» **Given information**:

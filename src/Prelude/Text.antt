-- ===== src/Prelude/Text.antt =====
-- Go's `strings` and `unicode` packages over texts, as far as the source uses them.
use Prim.Native.Nat.{ℕ, ◌+◌}
use Prim.Native.Char.{Char, code}
use Prim.Native.String.{String, [], ◌∷◌}
use mathlib.Core.Bool.{Bool, true, false, ◌&&◌, ◌||◌}
use ecosystem_complete.Prelude.Tests.{leb, ltb, eqb, if◌then◌else◌}

-- unicode.IsSpace
unfoldable pub is_space : ℕ → Bool
is_space c =
    (leb 9 c && leb c 13)
    || eqb c 32
    || eqb c 0x85
    || eqb c 0xa0
    || eqb c 0x1680
    || (leb 0x2000 c && leb c 0x200a)
    || eqb c 0x2028
    || eqb c 0x2029
    || eqb c 0x202f
    || eqb c 0x205f
    || eqb c 0x3000

unfoldable pub trim_left : String → String
trim_left [] = []
trim_left (c ∷ s) = let rest = trim_left s in if is_space (code c) then rest else c ∷ s

abbrev is_empty : String → Bool
is_empty [] = true
is_empty (_ ∷ _) = false

unfoldable pub trim_right : String → String
trim_right [] = []
trim_right (c ∷ s) =
    let rest = trim_right s in if is_space (code c) && is_empty rest then [] else c ∷ rest

-- strings.TrimSpace
unfoldable pub trim_space : String → String
unfolding trim_left trim_right is_space
trim_space s = trim_right (trim_left s)

-- The character of the second text that stands where `c` stands in the first, or the default.
abbrev pub translate : String → String → Char → Char → Char
translate (a ∷ s) (b ∷ t) d c = if eqb (code a) (code c) then b else translate s t d c
translate _ _ d c = d

-- unicode.ToLower; above ASCII it is a table of the language's library, which is `other` here.
abbrev lower_char : (Char → Char) → Char → Char
lower_char other c =
    if leb 128 (code c)
    then other c
    else translate "ABCDEFGHIJKLMNOPQRSTUVWXYZ" "abcdefghijklmnopqrstuvwxyz" c c

-- strings.ToLower
unfoldable pub to_lower : (Char → Char) → String → String
to_lower other [] = []
to_lower other (c ∷ s) = lower_char other c ∷ to_lower other s

-- strings.TrimRight with a cutset of one character
unfoldable pub trim_right_of : ℕ → String → String
trim_right_of cut [] = []
trim_right_of cut (c ∷ s) =
    let rest = trim_right_of cut s in if eqb (code c) cut && is_empty rest then [] else c ∷ rest

-- len(s): the bytes of a text in UTF-8
unfoldable pub byte_length : String → ℕ
byte_length [] = 0
byte_length (c ∷ s) =
    (if ltb (code c) 0x80
      then 1
      else if ltb (code c) 0x800
      then 2
      else if ltb (code c) 0x10000
      then 3
      else 4)
    + byte_length s

-- strings.ToUpper, where `other` is unicode.ToUpper above ASCII
unfoldable pub to_upper : (Char → Char) → String → String
to_upper other [] = []
to_upper other (c ∷ s) =
    (if leb 128 (code c)
      then other c
      else translate "abcdefghijklmnopqrstuvwxyz" "ABCDEFGHIJKLMNOPQRSTUVWXYZ" c c)
    ∷ to_upper other s
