-- ===== src/Database.antt =====
-- The rows of the `seg` schema that the Go code reads and writes: one record for each table, with the
-- columns that a statement of api/internal names, and the database as its tables.

use ecosystem_complete.Prelude.{
  Bool, false, ℕ, suc, ◌/◌, String, Bool, Option, none, some, List, ℤ, pos, negsuc, sub_ℕ, ltb_ℤ,
  ◌==◌, get_or, if◌then◌else◌,
}

-- time.Time and the `timestamp` columns, time.Duration, in nanoseconds
abbrev pub Time : Type 0
Time = ℤ

abbrev pub Duration : Type 0
Duration = ℤ

-- a.After(b), a.Before(b)
abbrev pub after : Time → Time → Bool
after a b = ltb_ℤ b a

abbrev pub before : Time → Time → Bool
before a b = ltb_ℤ a b

-- int(d.Seconds()): the whole seconds, towards zero
unfoldable pub whole_seconds : Duration → ℤ
whole_seconds (pos n) = pos (n / 1_000_000_000)
whole_seconds (negsuc n) = sub_ℕ 0 (suc n / 1_000_000_000)

-- NULLIF($1, '') and COALESCE(c, '')
abbrev pub null_if_empty : String → Option String
null_if_empty s = if s == "" then none else some s

abbrev pub or_empty : Option String → String
or_empty o = get_or o ""

-- c = $1 for a column that can be NULL
abbrev pub holds_text : Option String → String → Bool
holds_text none s = false
holds_text (some t) s = t == s

abbrev pub minute : ℕ
minute = 60_000_000_000

-- public.suspendable_status
pub data Status : Type 0 where
  active inactive suspended : Status

-- seg.tb_user
pub record User : Type 0 where
  pub id : String
  pub name : Option String
  pub email : Option String
  pub password_hash : Option String
  pub email_verified_at : Option Time
  pub failed_attempts : ℕ
  pub locked_until : Option Time
  pub status : Status
  pub created_at : Time
  pub deleted_at : Option Time

-- seg.tb_refresh_token
pub record RefreshToken : Type 0 where
  pub user_id : String
  pub token_hash : String
  pub family : String
  pub device : Option String
  pub user_agent : Option String
  pub ip : Option String
  pub expires_at : Time
  pub revoked_at : Option Time

-- The purposes of seg.tb_user_token that the code issues.
pub data Purpose : Type 0 where
  password_reset email_change : Purpose

-- seg.tb_user_token
pub record UserToken : Type 0 where
  pub id : String
  pub user_id : String
  pub purpose : Purpose
  pub code_hash : String
  pub target : String
  pub attempts : ℕ
  pub expires_at : Time
  pub used_at : Option Time
  pub created_at : Time

-- seg.tb_signup_request
pub record SignupRequest : Type 0 where
  pub email : String
  pub name : String
  pub password_hash : String
  pub code_hash : String
  pub attempts : ℕ
  pub expires_at : Time

-- seg.tb_user_identity
pub record UserIdentity : Type 0 where
  pub user_id : String
  pub provider : String
  pub subject : String
  pub email : Option String
  pub deleted_at : Option Time

-- seg.tb_role
pub record RoleRow : Type 0 where
  pub id : String
  pub name : String
  pub description : Option String
  pub status : Status
  pub deleted_at : Option Time

-- seg.tb_permission; `section` is tx_module
pub record PermissionRow : Type 0 where
  pub id : String
  pub code : String
  pub section : String
  pub name : String
  pub status : Status
  pub deleted_at : Option Time

pub record Db : Type 0 where
  pub users : List User
  pub refresh_tokens : List RefreshToken
  pub user_tokens : List UserToken
  pub signup_requests : List SignupRequest
  pub identities : List UserIdentity
  pub roles : List RoleRow
  pub permissions : List PermissionRow
  -- seg.tb_user_role: user, role
  pub user_roles : List (String × String)
  -- seg.tb_role_permission: role, permission
  pub role_permissions : List (String × String)
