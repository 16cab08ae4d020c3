-- ===== src/Runtime.antt =====
-- What a service of api/internal runs on: the database with at most one open transaction, the mail
-- queue, the security log, and the calls that leave the process, each of which may fail.
pub mod Exec
use Prim.Native.Char.{Char}
use ecosystem_complete.Prelude.{ℕ, String, Bool, Option, List, ℤ}
use ecosystem_complete.Database.{Db, User, Time}

-- The calls that can return an error, named after the method that makes them. `nth` is the round of
-- a loop.
pub data Call : Type 0 where
  begin commit publish : Call
  -- api/internal/session
  rand_refresh rand_family rand_jti sign_token store_refresh_token token revoke revoke_family : Call
  insert_refresh_token : Call
  -- api/internal/signup
  active_user_exists hash_password generate_code upsert_pending pending : Call
  record_failed_attempt promote discard_pending : Call
  -- api/internal/login
  by_email record_failure reset_failures verify_password : Call
  -- api/internal/password, api/internal/emailchange
  active_user_id last_request_at count_requests_since set_password consume : Call
  revoke_all_families password_hash change_password current_email address_taken set_email : Call
  generate_nth_code create_nth_token invalidate_nth_tokens begin_nth commit_nth : ℕ → Call
  -- api/internal/identity, api/internal/social
  profile access access_permissions user_exists resolve_roles clear_roles assign_roles update_user
        read_user :
      Call
  verify_identity user_id_by_identity insert_user insert_user_again insert_identity : Call
  insert_identity_again begin_again commit_again count_users select_users rand_csrf : Call
  count_events select_events list_roles list_permissions open_pool find_user : Call
  -- api/internal/audit: the event
  record_event : String → Call

-- mailer.Message
pub record Message : Type 0 where
  pub to : String
  pub subject : String
  pub text : String

-- The values that the code puts into `map[string]any`.
pub data Value : Type 0 where
  text : String → Value
  number : ℤ → Value
  boolean : Bool → Value
  texts : List String → Value
  null : Value

-- seg.tb_security_event
pub record SecurityEvent : Type 0 where
  pub id : String
  pub event : String
  pub user_id : Option String
  pub actor_user_id : Option String
  pub email_hash : Option String
  pub ip : Option String
  pub country : Option String
  pub city : Option String
  pub user_agent : Option String
  pub metadata : List (String × Value)
  pub created_at : Time

pub record World : Type 0 where
  -- what other connections see
  pub db : Db
  -- the open transaction's own view
  pub tx : Option Db
  -- the payloads on the mail queue
  pub outbox : List Message
  pub events : List SecurityEvent

-- What one request meets: which calls fail, the clocks, the entropy, and the functions of the
-- libraries that the code calls.
pub record Env : Type 0 where
  pub fails : Call → Bool
  -- the service's clock, and its second reading
  pub now : Time
  pub later : Time
  -- now() of the database
  pub db_now : Time
  -- gen_random_uuid()
  pub new_uuid : String
  -- base64 of the 32 bytes of a refresh token, hex of the 16 bytes of an id
  pub new_token : String
  pub new_family : String
  pub new_jti : String
  -- base64 of the 32 bytes of a CSRF token
  pub new_csrf : String
  -- the 32 bits that the nth code is drawn from
  pub code_entropy : ℕ → ℕ
  -- the service has an Auditor
  pub audits : Bool
  -- the salt and Argon2id inside HashPassword, and VerifyPassword with its error
  pub hash_password : String → String
  pub verify_password : String → String → Option Bool
  -- hex of SHA-256, hex of the keyed HMAC
  pub sha256 : String → String
  pub hmac : String → String
  -- the token signed by HS256 with a secret, for subject, issuer, issued at, expires at, id
  pub sign : String → String → String → Time → Time → String → String
  pub url_escape : String → String
  -- the order in which a SELECT meets the rows, which decides between rows that ORDER BY leaves equal
  pub scan_users : List User → List User
  pub scan_events : List SecurityEvent → List SecurityEvent
  pub lower_other : Char → Char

» **Task requirements**: Write only the number of lines in the records that include the word "them".

» **Final answer**: 2